§ **The problem**: Start at the top line and retype the data exactly through to the end.

§ **Dataset entries**:
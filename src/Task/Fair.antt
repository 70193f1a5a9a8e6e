-- ===== src/Task/Fair.antt =====
-- Every ready task gets its turn: the round robin of scheduler.cpp.
use venom_os.Base.{
  ℕ, zero, suc, ◌+◌, ◌-◌, ◌%◌, ◌≤◌, ◌<◌, ◌≡◌, ◌≢◌, true, Option, none, some, refl, ◌∙◌, arith, ap,
  Bool-cases, inl, inr, subst, ℕ_discrete, dec_lt,
}
use venom_os.Task.{
  Table, State, max_tasks, is_ready, is_running, reschedule, switch_to, start_index, set_state,
  put_back, is_current,
}
use venom_os.Task.Schedule.{Nearest, slot_at, reschedule_lem}

-- The steps round the table from one slot to another, the whole round for the slot itself.
abbrev pub distance : ℕ → ℕ → ℕ
distance c j = (j + 128 - c % 128 + 127) % 128 + 1

-- The table after a number of calls of `reschedule`.
unfoldable pub reschedule_times : ℕ → Table → Table
reschedule_times zero t = t
reschedule_times (suc n) t = reschedule_times n (reschedule t)

set_state-other :
    (t : Table) (i : ℕ) (s : State) (c : ℕ) → i ≢ c → (set_state t i s).tasks c ≡ t.tasks c
set_state-other t i s c ne = ground arith

-- A ready task stays ready when another one is put back or chosen.
put_back_ready :
    (o : Option ℕ) (t : Table) (j : ℕ)
    → is_ready (t.tasks j).state ≡ true
    → is_ready ((put_back o t).tasks j).state ≡ true
put_back_ready none t j h = h
put_back_ready (some c) t j h = elim (Bool-cases (is_running (t.tasks c).state)) [
  | inl runs ↦ rw runs (ground arith)
  | inr rests ↦ rw rests h
]

switch_to_ready :
    (next : ℕ) (t : Table) (j : ℕ)
    → next ≢ j
    → is_ready (t.tasks j).state ≡ true
    → is_ready ((switch_to next t).tasks j).state ≡ true
unfolding switch_to
switch_to_ready next t j ne h = elim (Bool-cases (is_current t.current_index next)) [
  | inl same ↦ rw same h
  | inr other ↦ rw other (
      ap (λ x. is_ready x.state)
        (set_state-other (put_back t.current_index t) next State.running j ne)
      ∙ put_back_ready t.current_index t j h)
]

is_current_eq : (o : Option ℕ) (next : ℕ) → is_current o next ≡ true → o ≡ some next
is_current_eq none next e = ground arith
is_current_eq (some c) next e = ground arith

switch_to_current : (next : ℕ) (t : Table) → (switch_to next t).current_index ≡ some next
unfolding switch_to
switch_to_current next t = elim (Bool-cases (is_current t.current_index next)) [
  | inl same ↦ rw same (is_current_eq t.current_index next same)
  | inr other ↦ rw other refl
]

start_of : (t : Table) (c : ℕ) → t.current_index ≡ some c → start_index t ≡ c
start_of t c cur = ap (λ o. elim o [ none ↦ 0 | some k ↦ k ]) cur

-- The chosen task is no further than a ready one.
Nearest-le :
    (t : Table) (c i j : ℕ) (n : Nearest t c 1 129 i)
    → j < max_tasks
    → is_ready (t.tasks j).state ≡ true
    → n.offset ≤ distance c j
Nearest-le t c i j n lt ready = elim (dec_lt (distance c j) n.offset) [
  | no le ↦ omega arith
  | yes closer ↦
      let at : slot_at c (distance c j) ≡ j = omega arith in
      let before = n.none_before (distance c j) (omega arith) closer in
      let same = ap (λ k. is_ready (t.tasks k).state) at in absurd (ground arith)
]

-- How far the next current task is from the same ready one.
closer :
    (c i j offset : ℕ)
    → i ≢ j
    → j < max_tasks
    → 1 ≤ offset
    → offset < 129
    → slot_at c offset ≡ i
    → offset ≤ distance c j
    → distance i j + 1 ≤ distance c j
closer c i j offset ne lt lo hi at le = omega arith

-- The turn of a slot comes within a number of calls.
abbrev Reaches : ℕ → Table → ℕ → Type 0
Reaches n t j = (m : ℕ) × (m ≤ n) × ((reschedule_times m t).current_index ≡ some j)

reschedule-Reaches :
    (n : ℕ) (t : Table) (c j : ℕ)
    → t.current_index ≡ some c
    → j < max_tasks
    → is_ready (t.tasks j).state ≡ true
    → distance c j ≤ n
    → Reaches n t j
unfolding reschedule_times
reschedule-Reaches zero t c j cur lt ready near = absurd (omega arith)
reschedule-Reaches (suc n) t c j cur lt ready near = elim (reschedule_lem t) [
  | inr (idle, e) ↦ let not_ready = idle j lt in absurd (ground arith)
  | inl (i, nearest, e) ↦
      let from_c = subst (λ s. Nearest t s 1 129 i) (start_of t c cur) nearest in
      let now : (reschedule t).current_index ≡ some i =
        ap (λ (u : Table). u.current_index) e ∙ switch_to_current i t in
      elim (ℕ_discrete i j) [
        | yes same ↦ (1, omega arith, now ∙ ap some same)
        | no other ↦
            let (lo, hi) = from_c.in_turn in
            let step =
              closer c i j from_c.offset other lt lo hi from_c.at
                (Nearest-le t c i j from_c lt ready) in
            let still : is_ready ((reschedule t).tasks j).state ≡ true =
              ap (λ (u : Table). is_ready (u.tasks j).state) e
              ∙ switch_to_ready i t j other ready in
            let (m, le, there) =
              reschedule-Reaches n (reschedule t) i j now lt still (omega arith) in
            (suc m, omega arith, there)
      ]
]

-- A ready task becomes the current one within as many calls of `reschedule` as it is steps away from the
-- current task round the table, which is at most 128, whichever other tasks are ready.
pub reschedule-reaches_ready :
    (t : Table) (c j : ℕ)
    → t.current_index ≡ some c
    → j < max_tasks
    → is_ready (t.tasks j).state ≡ true
    → (m : ℕ) × (m ≤ distance c j) × (m ≤ 128) × ((reschedule_times m t).current_index ≡ some j)
reschedule-reaches_ready t c j cur lt ready =
    let (m, le, there) = reschedule-Reaches (distance c j) t c j cur lt ready (omega arith) in
    (m, le, omega arith, there)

§ **Problem solution**:
filename src/Task/Fair.antt
repository 70193f1a5a9a8e6e
-- ===== src/Task/Fair.antt =====
-- Every ready task gets its turn: the round robin of scheduler.cpp.
use venom_os.Base.{
  ℕ, zero, suc, ◌+◌, ◌-◌, ◌%◌, ◌≤◌, ◌<◌, ◌≡◌, ◌≢◌, true, Option, none, some, refl, ◌∙◌, arith, ap,
  Bool-cases, inl, inr, subst, ℕ_discrete, dec_lt,
}
use venom_os.Task.{
  Table, State, max_tasks, is_ready, is_running, reschedule, switch_to, start_index, set_state,
  put_back, is_current,
}
use venom_os.Task.Schedule.{Nearest, slot_at, reschedule_lem}

-- The steps round the table from one slot to another, the whole round for the slot itself.
abbrev pub distance : ℕ → ℕ → ℕ
distance c j = (j + 128 - c % 128 + 127) % 128 + 1

-- The table after a number of calls of `reschedule`.
unfoldable pub reschedule_times : ℕ → Table → Table
reschedule_times zero t = t
reschedule_times (suc n) t = reschedule_times n (reschedule t)

set_state-other :
    (t : Table) (i : ℕ) (s : State) (c : ℕ) → i ≢ c → (set_state t i s).tasks c ≡ t.tasks c
set_state-other t i s c ne = ground arith

-- A ready task stays ready when another one is put back or chosen.
put_back_ready :
    (o : Option ℕ) (t : Table) (j : ℕ)
    → is_ready (t.tasks j).state ≡ true
    → is_ready ((put_back o t).tasks j).state ≡ true
put_back_ready none t j h = h
put_back_ready (some c) t j h = elim (Bool-cases (is_running (t.tasks c).state)) [
  | inl runs ↦ rw runs (ground arith)
  | inr rests ↦ rw rests h
]

switch_to_ready :
    (next : ℕ) (t : Table) (j : ℕ)
    → next ≢ j
    → is_ready (t.tasks j).state ≡ true
    → is_ready ((switch_to next t).tasks j).state ≡ true
unfolding switch_to
switch_to_ready next t j ne h = elim (Bool-cases (is_current t.current_index next)) [
  | inl same ↦ rw same h
  | inr other ↦ rw other (
      ap (λ x. is_ready x.state)
        (set_state-other (put_back t.current_index t) next State.running j ne)
      ∙ put_back_ready t.current_index t j h)
]

is_current_eq : (o : Option ℕ) (next : ℕ) → is_current o next ≡ true → o ≡ some next
is_current_eq none next e = ground arith
is_current_eq (some c) next e = ground arith

switch_to_current : (next : ℕ) (t : Table) → (switch_to next t).current_index ≡ some next
unfolding switch_to
switch_to_current next t = elim (Bool-cases (is_current t.current_index next)) [
  | inl same ↦ rw same (is_current_eq t.current_index next same)
  | inr other ↦ rw other refl
]

start_of : (t : Table) (c : ℕ) → t.current_index ≡ some c → start_index t ≡ c
start_of t c cur = ap (λ o. elim o [ none ↦ 0 | some k ↦ k ]) cur

-- The chosen task is no further than a ready one.
Nearest-le :
    (t : Table) (c i j : ℕ) (n : Nearest t c 1 129 i)
    → j < max_tasks
    → is_ready (t.tasks j).state ≡ true
    → n.offset ≤ distance c j
Nearest-le t c i j n lt ready = elim (dec_lt (distance c j) n.offset) [
  | no le ↦ omega arith
  | yes closer ↦
      let at : slot_at c (distance c j) ≡ j = omega arith in
      let before = n.none_before (distance c j) (omega arith) closer in
      let same = ap (λ k. is_ready (t.tasks k).state) at in absurd (ground arith)
]

-- How far the next current task is from the same ready one.
closer :
    (c i j offset : ℕ)
    → i ≢ j
    → j < max_tasks
    → 1 ≤ offset
    → offset < 129
    → slot_at c offset ≡ i
    → offset ≤ distance c j
    → distance i j + 1 ≤ distance c j
closer c i j offset ne lt lo hi at le = omega arith

-- The turn of a slot comes within a number of calls.
abbrev Reaches : ℕ → Table → ℕ → Type 0
Reaches n t j = (m : ℕ) × (m ≤ n) × ((reschedule_times m t).current_index ≡ some j)

reschedule-Reaches :
    (n : ℕ) (t : Table) (c j : ℕ)
    → t.current_index ≡ some c
    → j < max_tasks
    → is_ready (t.tasks j).state ≡ true
    → distance c j ≤ n
    → Reaches n t j
unfolding reschedule_times
reschedule-Reaches zero t c j cur lt ready near = absurd (omega arith)
reschedule-Reaches (suc n) t c j cur lt ready near = elim (reschedule_lem t) [
  | inr (idle, e) ↦ let not_ready = idle j lt in absurd (ground arith)
  | inl (i, nearest, e) ↦
      let from_c = subst (λ s. Nearest t s 1 129 i) (start_of t c cur) nearest in
      let now : (reschedule t).current_index ≡ some i =
        ap (λ (u : Table). u.current_index) e ∙ switch_to_current i t in
      elim (ℕ_discrete i j) [
        | yes same ↦ (1, omega arith, now ∙ ap some same)
        | no other ↦
            let (lo, hi) = from_c.in_turn in
            let step =
              closer c i j from_c.offset other lt lo hi from_c.at
                (Nearest-le t c i j from_c lt ready) in
            let still : is_ready ((reschedule t).tasks j).state ≡ true =
              ap (λ (u : Table). is_ready (u.tasks j).state) e
              ∙ switch_to_ready i t j other ready in
            let (m, le, there) =
              reschedule-Reaches n (reschedule t) i j now lt still (omega arith) in
            (suc m, omega arith, there)
      ]
]

-- A ready task becomes the current one within as many calls of `reschedule` as it is steps away from the
-- current task round the table, which is at most 128, whichever other tasks are ready.
pub reschedule-reaches_ready :
    (t : Table) (c j : ℕ)
    → t.current_index ≡ some c
    → j < max_tasks
    → is_ready (t.tasks j).state ≡ true
    → (m : ℕ) × (m ≤ distance c j) × (m ≤ 128) × ((reschedule_times m t).current_index ≡ some j)
reschedule-reaches_ready t c j cur lt ready =
    let (m, le, there) = reschedule-Reaches (distance c j) t c j cur lt ready (omega arith) in
    (m, le, omega arith, there)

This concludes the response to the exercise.